LevelWhat it doesBillingReversibility
PauseScale nodes to 0 (EKS/GKE) or az aks stop (AKS). Control plane stays.Control plane onlyInstant — just cluster-start-<cloud>, 3-5 min to Ready
Teardownterraform destroy the whole infra/<cloud> stack.ZeroRebuild via just bootstrap-<cloud>, ~30 min
Disable-not-deleteFor out-of-band artifacts (e.g. a GitLab-integration service account + token): gcloud ... disable.Negligiblegcloud ... enable

Pick the lowest level that meets the goal. Pause is the default for routine weekend/overnight cost saving; the per-cloud stop/start recipes exist so you do not have to tear down and rebuild.

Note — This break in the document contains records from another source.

-- ===== src/Jobs/Claim.antt =====
-- `claim_statement` and `JobRepository.claim_next` of app/jobs/repository.py.
pub mod Tests
pub mod Steps
pub mod Order
pub mod Sound
pub mod Effect
use inryeok_bot.Prelude.{
  ℕ, ◌+◌, String, Bool, true, false, ◌&&◌, ◌||◌, not, Option, none, some, List, [], ◌∷◌, ltb, leb,
  ◌==◌, str_eq, if◌then◌else◌, is_null, select_where, count_where, update_where, any,
}
use inryeok_bot.Jobs.Model.{
  ReviewJob, RepositorySettings, GlobalReviewSettings, Database, running, is_pending, is_running,
  is_auto, is_command, same_repository_name,
}

-- `exists(... id == 1, flag is false)`: false where the row is missing.
abbrev pub globally_off : (GlobalReviewSettings → Bool) → Option GlobalReviewSettings → Bool
globally_off flag none = false
globally_off flag (some g) = not (flag g)

abbrev is_true : Option Bool → Bool
is_true (some b) = b
is_true none = false

-- `(override IS NULL) & ~off | override IS TRUE`
abbrev pub override_allows : Option Bool → Bool → Bool
override_allows override off = is_null override && not off || is_true override

-- `lower` is the database's `lower(text)`.
module _ (lower : String → String) where
  -- `repository_match`
  pub repository_match : RepositorySettings → ReviewJob → Bool
  repository_match r j =
      (r.installation_id == j.key.installation_id)
      && str_eq (lower r.repository_owner) (lower j.key.repository_owner)
      && str_eq (lower r.repository_name) (lower j.key.repository_name)

  -- The row test of `repository_eligible`.
  pub repository_allows : Option GlobalReviewSettings → RepositorySettings → ReviewJob → Bool
  unfolding repository_match
  repository_allows g r j =
      repository_match r j
      && r.installed
      && override_allows r.override_enabled (globally_off (λ s. s.enabled) g)
      && (is_auto j.key.trigger_type
            && override_allows r.override_auto_review_enabled
                (globally_off (λ s. s.auto_review_enabled) g)
          || is_command j.key.trigger_type
            && override_allows r.override_command_review_enabled
                (globally_off (λ s. s.command_review_enabled) g))

  pub repository_eligible : Database → ReviewJob → Bool
  repository_eligible db j = any (λ r. repository_allows db.global_settings r j) db.repositories

-- A running job of the same installation and repository.
pub runs_beside : ReviewJob → ReviewJob → Bool
runs_beside j r =
    is_running r.status
    && (r.key.installation_id == j.key.installation_id)
    && same_repository_name r.key j.key

-- `count < limit`, where a limit is given.
abbrev pub below_limit : ℕ → Option ℕ → Bool
below_limit n none = true
below_limit n (some limit) = ltb n limit

pub global_running : Database → ℕ
global_running db = count_where (λ r. is_running r.status) db.jobs

pub repository_running : Database → ReviewJob → ℕ
repository_running db j = count_where (runs_beside j) db.jobs

abbrev pub is_due : ReviewJob → ℕ → Bool
is_due j now = elim j.not_before [ none ↦ true | some t ↦ leb t now ]

abbrev pub is_paused : Option GlobalReviewSettings → Bool
is_paused none = false
is_paused (some g) = g.processing_paused

-- `ORDER BY created_at, id`
pub precedes : ReviewJob → ReviewJob → Bool
precedes a b = ltb a.created_at b.created_at || (a.created_at == b.created_at) && leb a.id b.id

pub earliest : List ReviewJob → Option ReviewJob
unfolding precedes
earliest [] = none
earliest (x ∷ xs) = elim (earliest xs) [
  | none ↦ some x
  | some y ↦ some (if precedes x y then x else y)
]

-- `locked` tells which rows another transaction holds, `now` is the time of the statement.
module _ (lower : String → String) (locked : ℕ → Bool) (now : ℕ) where
  -- The WHERE clause of `claim_statement`.
  pub is_claimable : Option ℕ → Option ℕ → Database → ReviewJob → Bool
  is_claimable global_limit repository_limit db j =
      is_pending j.status
      && is_due j now
      && not (globally_off (λ s. s.enabled) db.global_settings)
      && not (is_paused db.global_settings)
      && repository_eligible lower db j
      && below_limit (global_running db) global_limit
      && below_limit (repository_running db j) repository_limit

  -- The row that `claim_statement` returns: SKIP LOCKED leaves out the locked rows.
  pub claim_statement : Option ℕ → Option ℕ → Database → Option ReviewJob
  claim_statement global_limit repository_limit db = earliest (
      select_where (λ j. is_claimable global_limit repository_limit db j && not (locked j.id))
        db.jobs)

-- The assignments of `claim_next`.
pub start_job : ℕ → ReviewJob → ReviewJob
start_job now j = record j {
  status = running;
  attempts = j.attempts + 1;
  started_at = some now;
  finished_at = none;
}

-- The flush of one changed row.
abbrev pub put_job : ReviewJob → Database → Database
put_job j db = record db { jobs = update_where (λ x. x.id == j.id) (λ _. j) db.jobs }

module _ (lower : String → String) (locked : ℕ → Bool) (now : ℕ) where
  pub claim_next : Option ℕ → Option ℕ → Database → Option ReviewJob × Database
  unfolding claim_statement start_job
  claim_next global_limit repository_limit db =
      elim (claim_statement lower locked now global_limit repository_limit db) [
        | none ↦ (none, db)
        | some j ↦ (some (start_job now j), put_job (start_job now j) db)
      ]
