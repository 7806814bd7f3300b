-- ===== src/Rtic/Tests.antt =====
-- The runtime of firmware/cortex-a-rtic/src/export.rs at concrete priorities.
use usbarmory_rust.Prelude.{ℕ, suc, ◌≤◌, ◌<◌, max, ◌≡◌, refl, ◌↔◌, [], ◌∷◌, arith}
use usbarmory_rust.Rtic.Mask.{logical2hw, logical2hw-lt, enable_write, sgi_write}
use usbarmory_rust.Rtic.Lock.{Context, lock_begin, lock}
use usbarmory_rust.Rtic.Nested.{lock-restores}
use usbarmory_rust.Rtic.System.{Frame, CanStart, Reach, holders, interrupt, enter, start, later}
use usbarmory_rust.Rtic.Exclusion.{mutual_exclusion, CanStart-iff}

-- A resource that tasks of the priorities 2 and 3 share, and their handlers.
abbrev shared : ℕ → ℕ
shared r = 3

abbrev main_frame : Frame
main_frame = record { static_priority = 0; cell = 0; sections = []; initial = 0 }

abbrev task : Frame
task = record { static_priority = 2; cell = 2; sections = []; initial = 248 }

abbrev in_section : Frame
in_section = record {
  static_priority = 2;
  cell = 3;
  sections = record { resource = 7; current = 2 } ∷ [];
  initial = 248;
}

Reach-in_section : Reach shared (record { pmr = 224; frames = in_section ∷ main_frame ∷ [] })
unfolding lock_begin logical2hw
Reach-in_section =
    later (later start (interrupt 2 248 main_frame [] (omega arith) (omega arith, omega arith)))
      (enter 7 248 task (main_frame ∷ []) (omega arith) (omega arith))

mutual_exclusion_example : holders 7 (in_section ∷ main_frame ∷ []) ≤ 1
mutual_exclusion_example = mutual_exclusion shared Reach-in_section 7

CanStart-iff_example : CanStart 3 224 in_section ↔ (3 < 3)
CanStart-iff_example =
    CanStart-iff shared 3 224 in_section (main_frame ∷ []) (omega arith) Reach-in_section

-- A closure with a critical section of its own, which adds one to its resource.
abbrev bump : Context ℕ → ℕ × Context ℕ
bump c = (c.resource, record c { resource = suc c.resource })

lock-restores_test :
    (inside : Context ℕ) × (inside.priority ≡ max 2 3)
    × (inside.pmr ≡ logical2hw (max 2 3))
    × (inside.resource ≡ 41)
    × ((lock 3 bump (record { priority = 2; pmr = 232; resource = 41 })).0 ≡ (bump inside).0)
    × ((lock 3 bump (record { priority = 2; pmr = 232; resource = 41 })).1
        ≡ record { priority = 2; pmr = 232; resource = (bump inside).1.resource })
unfolding logical2hw
lock-restores_test =
    lock-restores 3 bump (record { priority = 2; pmr = 232; resource = 41 }) (λ d. (refl, refl))
      refl

logical2hw-lt_example : (logical2hw 3 < logical2hw 2) ↔ (2 < 3)
logical2hw-lt_example = logical2hw-lt 3 2 (omega arith) (omega arith)

enable_write_test : enable_write 65 ≡ (2, 2)
unfolding enable_write
enable_write_test = refl

sgi_write_test : sgi_write 5 ≡ 0x02000005
unfolding sgi_write
sgi_write_test = refl
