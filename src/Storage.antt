-- ===== src/Storage.antt =====
-- firmware/usbarmory/src/storage.rs: block devices, the MBR partition table and the partitions of
-- an MBR device; `Memory` is a device in memory. `u32` additions are taken as in the release profile,
-- where they wrap.
pub mod Device
pub mod Table
pub mod Mbr
pub mod Memory
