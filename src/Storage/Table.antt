-- ===== src/Storage/Table.antt =====
-- `PartitionEntry` and `PartitionTable`.
pub mod Add
use usbarmory_rust.Prelude.{
  ℕ, zero, suc, ◌+◌, ◌*◌, ◌%◌, ◌^◌, ◌≡◌, ◌<◌, Option, none, some, List, [], ◌∷◌, ◌++◌, ltb, leb,
  if◌then◌else◌, length, set, take, drop, replicate,
}
use usbarmory_rust.Prelude.Bytes.{Bytes}
use usbarmory_rust.Prelude.Outcome.{Outcome, ok, err, panic}
use usbarmory_rust.Storage.Device.{Block, zeroed_block, block_size}

-- `[u8; 3]`
abbrev pub Chs : Type 0
Chs = ℕ × ℕ × ℕ

pub record PartitionEntry : Type 0 where
  pub status : ℕ
  pub start_chs : Chs
  pub part_type : ℕ
  pub end_chs : Chs
  pub start_lba : ℕ
  pub num_sectors : ℕ

pub record PartExtent : Type 0 where
  pub start : ℕ
  pub sectors : ℕ

-- `PartitionEntry::new`; 0x83 is `PART_TYPE_LINUX`.
abbrev pub new_entry : ℕ → ℕ → PartitionEntry
new_entry start_lba num_sectors = record {
  status = 0;
  start_chs = (0, 0, 0);
  part_type = 0x83;
  end_chs = (0, 0, 0);
  start_lba = start_lba;
  num_sectors = num_sectors;
}

-- `PartitionEntry::zeroed`
abbrev pub zeroed_entry : PartitionEntry
zeroed_entry = record {
  status = 0;
  start_chs = (0, 0, 0);
  part_type = 0;
  end_chs = (0, 0, 0);
  start_lba = 0;
  num_sectors = 0;
}

-- `PartitionEntry::extent`
abbrev pub extent : PartitionEntry → PartExtent
extent e = record { start = e.start_lba; sectors = e.num_sectors }

pub record PartitionTable : Type 0 where
  pub entries : List PartitionEntry
  pub index : ℕ

pub data PartError : Type 0 where
  partition_collision too_many_partitions : PartError

-- `PartitionTable::new`
abbrev pub new_table : PartitionTable
new_table = record { entries = replicate 4 zeroed_entry; index = 0 }

-- `PartitionTable::as_slice`; `none` is the panic of a slice that is too long.
unfoldable pub as_slice : PartitionTable → Option (List PartitionEntry)
as_slice t = if leb t.index (length t.entries) then some (take t.index t.entries) else none

-- `[T]::last`
abbrev pub last : List PartitionEntry → Option PartitionEntry
last [] = none
last (e ∷ []) = some e
last (e ∷ es) = last es

abbrev pub add_u32 : ℕ → ℕ → ℕ
add_u32 a b = (a + b) % 2 ^ 32

-- `.map(|entry| entry.start_lba + entry.num_sectors).unwrap_or(0)`
abbrev pub end_of : Option PartitionEntry → ℕ
end_of none = 0
end_of (some e) = add_u32 e.start_lba e.num_sectors

add_after :
    PartitionTable
    → PartitionEntry
    → Option (List PartitionEntry)
    → Outcome PartError PartitionTable
add_after t entry none = panic
add_after t entry (some slice) =
    if ltb entry.start_lba (end_of (last slice))
    then err partition_collision
    else if ltb t.index (length t.entries)
    then ok (record t { entries = set t.entries t.index entry })
    else err too_many_partitions

-- `PartitionTable::add`: the table after an `Ok`; an `Err` leaves the table as it was.
unfoldable pub add : PartitionTable → PartitionEntry → Outcome PartError PartitionTable
unfolding as_slice add_after
add t entry = add_after t entry (as_slice t)

-- `dst[at..at + src.len()].copy_from_slice(src)`, within `dst`
abbrev pub copy_from_slice : Bytes → ℕ → Bytes → Bytes
copy_from_slice dst at src = take at dst ++ (src ++ drop (at + length src) dst)

-- The derived memory layout of an entry (`zerocopy`): its bytes, and the entries that a slice of
-- bytes holds (`none` where `LayoutVerified::new_slice` has no result).
pub record Layout : Type 0 where
  pub as_bytes : PartitionEntry → Bytes
  pub new_slice : Bytes → Option (List PartitionEntry)

module _ (layout : Layout) where
  unfoldable pub copy_entries : Bytes → ℕ → List PartitionEntry → Bytes
  copy_entries bytes start [] = bytes
  copy_entries bytes start (e ∷ es) =
      copy_entries (copy_from_slice bytes start (layout.as_bytes e))
        (start + length (layout.as_bytes e)) es

  -- `PartitionTable::to_block`
  unfoldable pub to_block : PartitionTable → Block
  unfolding copy_entries
  to_block t = record {
    bytes = set (set (copy_entries zeroed_block.bytes 446 t.entries) 510 0x55) 511 0xAA;
  }
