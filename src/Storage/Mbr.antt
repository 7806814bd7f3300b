-- ===== src/Storage/Mbr.antt =====
-- `MbrDevice` and `MbrPartitionRef`.
pub mod Open
pub mod BootBlock
pub mod RoundTrip
pub mod Partition
mod Tests
use usbarmory_rust.Prelude.{
  ℕ, ◌+◌, ◌-◌, ◌*◌, ◌^◌, ◌≡◌, Bool, true, false, ◌||◌, Option, none, some, List, [], ◌∷◌, ltb, leb,
  ◌==◌, not, if◌then◌else◌, length, take, drop, get_elem?, ◌&&◌,
}
use usbarmory_rust.Prelude.Bytes.{Bytes}
use usbarmory_rust.Prelude.Outcome.{Outcome, ok, err, panic, map_err, ◌>>=◌}
use usbarmory_rust.Storage.Device.{Block, ManagedBlockDevice, block_size}
use usbarmory_rust.Storage.Table.{
  PartitionEntry, PartExtent, PartitionTable, Layout, extent, as_slice, last, end_of,
  copy_from_slice, to_block,
}

pub data MbrError (E : Type 0) : Type 0 where
  device : E → MbrError E
  invalid_magic invalid_part_extent no_partition out_of_range_access : MbrError E

pub record MbrDevice (D : Type 0) : Type 0 where
  pub raw : D
  pub part_table : List PartitionEntry

abbrev pub u32_max : ℕ
u32_max = 2 ^ 32 - 1

-- `!=` on slices, negated
abbrev pub bytes_eq : Bytes → Bytes → Bool
bytes_eq [] [] = true
bytes_eq [] (y ∷ ys) = false
bytes_eq (x ∷ xs) [] = false
bytes_eq (x ∷ xs) (y ∷ ys) = x == y && bytes_eq xs ys

-- The extent of an allocated entry is refused by one of the three tests of `open`.
abbrev pub refused : ℕ → PartitionEntry → Bool
refused total part =
    let start = part.start_lba in
    let end = part.start_lba + part.num_sectors in
    (start == 0 || leb total start) || (end == 0 || leb total end) || ltb u32_max end

-- The loop of `open` over the four entries.
pub check_parts : {E : Type 0} → ℕ → List PartitionEntry → Outcome (MbrError E) (Unit {0})
check_parts total [] = ok tt
check_parts total (part ∷ parts) =
    let rest = check_parts total parts in
    if part.part_type == 0
    then rest
    else if refused total part
    then err invalid_part_extent
    else rest

-- `mbr.bytes.copy_within(446..510, 0)`, and the first four entries' bytes
abbrev pub table_bytes : Bytes → Bytes
table_bytes bytes = take 64 (copy_from_slice bytes 0 (take 64 (drop 446 bytes)))

module _ {D E : Type 0} (dev : ManagedBlockDevice D E) (layout : Layout) where
  create_after :
      D → PartitionTable → Option (List PartitionEntry) → Outcome (MbrError E) (MbrDevice D)
  create_after raw table none = panic
  create_after raw table (some slice) =
      if ltb (dev.total_blocks raw) (end_of (last slice))
      then err invalid_part_extent
      else let (raw', r) = dev.write raw (to_block layout table) 0 in
        map_err device r >>= λ _. ok (record { raw = raw'; part_table = table.entries })

  -- `MbrDevice::create`
  pub create : D → PartitionTable → Outcome (MbrError E) (MbrDevice D)
  unfolding create_after as_slice
  create raw table = create_after raw table (as_slice table)

  pub open_entries : D → Option (List PartitionEntry) → Outcome (MbrError E) (MbrDevice D)
  open_entries raw none = panic
  open_entries raw (some parts) = check_parts (dev.total_blocks raw) parts >>= λ _.
      ok (record { raw = raw; part_table = parts })

  pub open_block : D → Block → Outcome (MbrError E) (MbrDevice D)
  unfolding open_entries
  open_block raw mbr =
      if bytes_eq (drop (block_size - 2) mbr.bytes) (0x55 ∷ 0xAA ∷ [])
      then open_entries raw (layout.new_slice (table_bytes mbr.bytes))
      else err invalid_magic

  -- `MbrDevice::open`
  pub open_mbr : D → Outcome (MbrError E) (MbrDevice D)
  unfolding open_block
  open_mbr raw = map_err device (dev.read raw 0) >>= λ mbr. open_block raw mbr

extent_of : {E : Type 0} → Option PartitionEntry → Outcome (MbrError E) PartExtent
extent_of none = panic
extent_of (some entry) = if entry.part_type == 0 then err no_partition else ok (extent entry)

-- `MbrDevice::part_extent`
pub part_extent : {D E : Type 0} → MbrDevice D → ℕ → Outcome (MbrError E) PartExtent
unfolding extent_of
part_extent m part =
    if leb 4 part then err no_partition else extent_of (get_elem? m.part_table part)

-- `MbrPartitionRef`
pub record MbrPartitionRef (D : Type 0) : Type 0 where
  pub raw : D
  pub extent : PartExtent

-- `MbrDevice::partition`
pub partition : {D E : Type 0} → MbrDevice D → ℕ → Outcome (MbrError E) (MbrPartitionRef D)
partition m part = part_extent m part >>= λ e. ok (record { raw = m.raw; extent = e })

module _ {D E : Type 0} (dev : ManagedBlockDevice D E) where
  pub read_part : MbrPartitionRef D → ℕ → Outcome (MbrError E) Block
  read_part p lba =
      if leb p.extent.sectors lba
      then err out_of_range_access
      else map_err device (dev.read p.raw (lba + p.extent.start))

  pub write_part :
      MbrPartitionRef D → Block → ℕ → MbrPartitionRef D × Outcome (MbrError E) (Unit {0})
  write_part p block lba =
      if leb p.extent.sectors lba
      then (p, err out_of_range_access)
      else let (raw', r) = dev.write p.raw block (lba + p.extent.start) in
        (record p { raw = raw' }, map_err device r)

  pub flush_part : MbrPartitionRef D → MbrPartitionRef D × Outcome (MbrError E) (Unit {0})
  flush_part p = let (raw', r) = dev.flush p.raw in (record p { raw = raw' }, map_err device r)

  -- `impl ManagedBlockDevice for MbrPartitionRef`
  abbrev pub partition_device : ManagedBlockDevice (MbrPartitionRef D) (MbrError E)
  partition_device = record {
    total_blocks = λ p. p.extent.sectors;
    read = read_part;
    write = write_part;
    flush = flush_part;
  }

just clusters-stop-all stop AWS + Azure + GCP + k3d (fail-tolerant)
just clusters-start-all start every cluster before a demo
just clusters-status power state of all four clusters
just cluster-stop-<cloud> aws | azure | gcp | k3d
just cluster-start-<cloud>
  • AWS EKS — nodes scaled to 0; control plane still billed.
  • Azure AKSaz aks stop deallocates control plane + nodes (cheapest pause).
  • GCP GKE — node pools to 0; regional control plane still billed.
  • k3d — local, no cloud cost.
Terminal window
cd infra/<cloud>
terraform destroy # frees the LoadBalancer first, then cluster, network, IAM, secrets
just bootstrap-<cloud> # rebuild from clean state, ~30 min

A Kubernetes Service of type LoadBalancer (ingress-nginx) creates a cloud load balancer out of band. In SARC that release is Terraform-managed, so a normal terraform destroy uninstalls it first and frees the LB in the correct order before the network is deleted. OpenShift (ROSA HCP) is teardown-only — it has no stop/start lifecycle.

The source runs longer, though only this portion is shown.